Sembrano casi isolati, ma non lo sono, soprattutto nei settori economici che il CGIE annoverava. Passato il momento emergenziale per la salute e la sicurezza e lo shock per la perdita improvvisa del lavoro, una legittima preoccupazione emerge tra le famiglie: prima, tra tutte, la preoccupazione per la perdita del lavoro da parte degli stessi genitori.
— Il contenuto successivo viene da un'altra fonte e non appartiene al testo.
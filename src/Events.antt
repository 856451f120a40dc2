-- ===== src/Events.antt =====
-- app/events: events that are stored with the data and published later.
mod Examples
pub mod Outbox
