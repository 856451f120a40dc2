-- ===== src/Platform/Redis.antt =====
-- The Redis server, over the keys and the values that a component uses: commands are atomic, and a
-- read finds what was last written. Expiry between two commands is a change of the state from
-- outside.
use why_combinator.Prelude.{
  ℕ, ◌<◌, ◌≡◌, refl, Bool, true, false, Option, none, some, if◌then◌else◌, HasEq,
}

pub record Redis (Key Value : Type 0) (key : HasEq Key) : Type 1 where
  pub State : Type 0
  -- GET
  pub get : State → Key → Option Value
  -- SET, SET with EX, EXPIRE, PEXPIRE and DEL
  pub set : State → Key → Value → State
  pub set_ex : State → Key → Value → ℕ → State
  pub expire : State → Key → ℕ → State
  pub pexpire : State → Key → ℕ → State
  pub delete : State → Key → State
  pub get-set :
      (s : State) (k : Key) (v : Value) (j : Key)
      → get (set s k v) j ≡ (if key.same k j then some v else get s j)
  pub get-set_ex :
      (s : State) (k : Key) (v : Value) (ttl : ℕ) (j : Key)
      → 0 < ttl
      → get (set_ex s k v ttl) j ≡ (if key.same k j then some v else get s j)
  pub get-expire :
      (s : State) (k : Key) (ttl : ℕ) (j : Key) → 0 < ttl → get (expire s k ttl) j ≡ get s j
  pub get-pexpire :
      (s : State) (k : Key) (ttl : ℕ) (j : Key) → 0 < ttl → get (pexpire s k ttl) j ≡ get s j
  pub get-delete :
      (s : State) (k j : Key) → get (delete s k) j ≡ (if key.same k j then none else get s j)

module _ {Key Value : Type 0} {key : HasEq Key} (redis : Redis Key Value key) where
  -- SET with NX and EX: whether it wrote, and the state behind it.
  unfoldable pub set_nx_ex : redis.State → Key → Value → ℕ → Bool × redis.State
  set_nx_ex s k v ttl = elim (redis.get s k) [
    | none ↦ (true, redis.set_ex s k v ttl)
    | some _ ↦ (false, s)
  ]

  -- SETNX
  unfoldable pub set_nx : redis.State → Key → Value → Bool × redis.State
  set_nx s k v = elim (redis.get s k) [ none ↦ (true, redis.set s k v) | some _ ↦ (false, s) ]

-- A server in which nothing expires.
abbrev pub in_memory : (Key Value : Type 0) (key : HasEq Key) → Redis Key Value key
in_memory Key Value key = record {
  State = Key → Option Value;
  get = λ s j. s j;
  set = λ s k v j. if key.same k j then some v else s j;
  set_ex = λ s k v ttl j. if key.same k j then some v else s j;
  expire = λ s k ttl. s;
  pexpire = λ s k ttl. s;
  delete = λ s k j. if key.same k j then none else s j;
  get-set = λ s k v j. refl;
  get-set_ex = λ s k v ttl j pos. refl;
  get-expire = λ s k ttl j pos. refl;
  get-pexpire = λ s k ttl j pos. refl;
  get-delete = λ s k j. refl;
}
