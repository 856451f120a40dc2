-- ===== src/Events/Outbox.antt =====
-- app/events/outbox.py
pub mod Relay
pub mod Enqueue
use why_combinator.Prelude.{
  ℕ, suc, ◌+◌, ◌*◌, ◌≡◌, ◌↔◌, refl, String, Bool, true, false, ◌&&◌, Option, none, some, List, [],
  ◌∷◌, ◌++◌, map, arith, leb, ltb, length, take, head?, if◌then◌else◌, HasEq, ◌==◌, nat_has_eq,
  text_has_eq, max_of,
}
use why_combinator.Prelude.Sort.{sort}
use why_combinator.Prelude.Orders.{lexicographic}
use why_combinator.Platform.Sql.{Engine}
use why_combinator.Platform.Redis.{Redis, set_nx}
use why_combinator.Db.Models.{Uuid, Instant}
use why_combinator.Db.Tables.{replace}

-- `payload` is the text of the JSON that is published.
pub record OutboxEvent : Type 0 where
  pub id : Uuid
  pub stream_name : String
  pub event_type : String
  pub event_key : String
  pub payload : String
  pub created_at : Instant
  pub published_at : Option Instant
  pub publish_attempts : ℕ
  pub last_error : Option String

abbrev pub outbox_key : OutboxEvent → Uuid
outbox_key e = e.id

-- What enqueueing is given; `id` and `created_at` are the defaults of the row.
pub record NewEvent : Type 0 where
  pub id : Uuid
  pub created_at : Instant
  pub stream_name : String
  pub event_type : String
  pub event_key : String
  pub payload : String

pub fresh_event : NewEvent → OutboxEvent
fresh_event n = record {
  id = n.id;
  stream_name = n.stream_name;
  event_type = n.event_type;
  event_key = n.event_key;
  payload = n.payload;
  created_at = n.created_at;
  published_at = none;
  publish_attempts = 0;
  last_error = none;
}

-- The event that is returned, and the table.
pub enqueue_outbox_event : Engine → NewEvent → List OutboxEvent → OutboxEvent × List OutboxEvent
enqueue_outbox_event db n table =
    elim (head? (db.select OutboxEvent (λ e. e.event_key == n.event_key) table)) [
      | some existing ↦ (existing, table)
      | none ↦ let event = fresh_event n in (event, table ++ event ∷ [])
    ]

-- f"eventbus:published:{event_id}"
pub data DedupKey : Type 0 where
  published : Uuid → DedupKey

abbrev pub dedup_key_same : DedupKey → DedupKey → Bool
dedup_key_same (published a) (published b) = a == b

pub dedup_key_same_iff : (a b : DedupKey) → (dedup_key_same a b ≡ true) ↔ (a ≡ b)
dedup_key_same_iff (published a) (published b) = ground arith

abbrev pub dedup_key_has_eq : HasEq DedupKey
dedup_key_has_eq = record { same = dedup_key_same; same_iff = dedup_key_same_iff }

abbrev pub DedupRedis : Type 1
DedupRedis = Redis DedupKey String dedup_key_has_eq

-- The event has not been published.
abbrev pub is_pending : OutboxEvent → Bool
is_pending e = elim e.published_at [ none ↦ true | some _ ↦ false ]

abbrev pub older : OutboxEvent → OutboxEvent → Bool
older = lexicographic (λ a b. ltb a.created_at b.created_at) (λ a b. leb a.id b.id)

-- The events of a batch.
unfoldable pub pending_events : Engine → ℕ → List OutboxEvent → List OutboxEvent
pending_events db batch table =
    take (max_of 1 batch) (sort older (db.select OutboxEvent is_pending table))

pub record OutboxRelayResult : Type 0 where
  pub processed : ℕ
  pub published : ℕ
  pub deduplicated : ℕ
  pub failed : ℕ

-- The server, and the events whose stream and payload have been published on it so far.
pub record Bus (redis : DedupRedis) : Type 0 where
  pub state : redis.State
  pub log : List OutboxEvent

-- How the call that runs the script goes for an event: its answer arrives, or it raises, with the
-- script executed by the server or not.
pub data Call : Type 0 where
  answers : Call
  raises : (executed : Bool) (error : String) → Call

module _ (redis : DedupRedis) where
  -- The script, which the server runs as one command; whether the message was published. That a key
  -- expires, after the time that PEXPIRE sets, is no step of the script: it is a change from outside.
  unfoldable pub publish_outbox_once :
      (ttl_seconds : ℕ) → Bus redis → OutboxEvent → Bool × Bus redis
  publish_outbox_once ttl_seconds bus e =
      let (inserted, s) = set_nx redis bus.state (published e.id) "1" in
      if inserted
      then (
        true,
        record {
          state = redis.pexpire s (published e.id) (max_of 1 (ttl_seconds * 1000));
          log = bus.log ++ e ∷ [];
        },
      )
      else (false, record { state = s; log = bus.log })

  -- What the loop does to the row of an event.
  abbrev pub mark : Call → Instant → OutboxEvent → OutboxEvent
  mark answers now e = record e {
    publish_attempts = e.publish_attempts + 1;
    published_at = some now;
    last_error = none;
  }
  mark (raises executed error) now e = record e {
    publish_attempts = e.publish_attempts + 1;
    last_error = some error;
  }

  -- The counters that the loop keeps: published, deduplicated, failed.
  pub record Counters : Type 0 where
    pub published : ℕ
    pub deduplicated : ℕ
    pub failed : ℕ

  abbrev pub tally : Call → Bool → Counters → Counters
  tally answers true c = record c { published = c.published + 1 }
  tally answers false c = record c { deduplicated = c.deduplicated + 1 }
  tally (raises executed error) emitted c = record c { failed = c.failed + 1 }

  -- The bus behind the call.
  abbrev pub bus_after : Call → Bus redis → Bus redis → Bus redis
  bus_after answers before after = after
  bus_after (raises true error) before after = after
  bus_after (raises false error) before after = before

  -- `for event in pending_events`, with one time for all of its `datetime.now(UTC)`
  unfoldable pub relay_all :
      (ttl_seconds : ℕ) (call : OutboxEvent → Call) (now : Instant)
      → List OutboxEvent
      → Counters
      → Bus redis
      → List OutboxEvent
      → Counters × Bus redis × List OutboxEvent
  relay_all ttl_seconds call now [] c bus table = (c, bus, table)
  relay_all ttl_seconds call now (e ∷ es) c bus table =
      let (emitted, bus') = publish_outbox_once ttl_seconds bus e in
      relay_all ttl_seconds call now es (tally (call e) emitted c) (bus_after (call e) bus bus')
        (replace outbox_key (mark (call e) now e) table)

  -- `batch` is `batch_size`, or OUTBOX_RELAY_BATCH_SIZE where that is missing or 0.
  unfoldable pub relay_outbox_events :
      Engine
      → (ttl_seconds : ℕ) (call : OutboxEvent → Call) (batch : ℕ) → Instant
      → Bus redis
      → List OutboxEvent
      → OutboxRelayResult × Bus redis × List OutboxEvent
  relay_outbox_events db ttl_seconds call batch now bus table =
      let events = pending_events db batch table in
      let (c, bus', table') =
        relay_all ttl_seconds call now events
          (record { published = 0; deduplicated = 0; failed = 0 }) bus table in
      (
        record {
          processed = length events;
          published = c.published;
          deduplicated = c.deduplicated;
          failed = c.failed;
        },
        bus',
        table',
      )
Ad esempio, scrive Emanuela: «Mia figlia studia e il prossimo anno scolastico sarà a Berlino. La preoccupazione è per noi genitori, che speriamo di non perdere il lavoro, ma faremo sicuramente cassa integrazione, e poi per lei che vuole fare piccoli lavoretti per mantenersi. Non è un momento facile». Lo stesso vale per Lorena, che ha «tre figlie, la più grande sta facendo un dottorato, quindi è già autonoma, ma le altre due studiano in Italia ma fuori sede. Siamo davvero preoccupati, in base alle nostre entrate avevamo programmato anche le spese, faremo di tutto per farle terminare il loro percorso ma sia io che mio marito siamo due partite Iva … chiusura totale per entrambi a marzo e aprile. Io ho riaperto a maggio, per mio marito la ripresa è ancora molto lenta. Speriamo bene».

Anche tra i giovani che non hanno perso il lavoro c’è chi ha vissuto situazioni di ristrettezza economica dovuta alla riduzione delle ore di lavoro e dello stipendio, magari in un momento in cui avevano assunto impegni quale un mutuo per l’acquisto della casa, racconta Rita.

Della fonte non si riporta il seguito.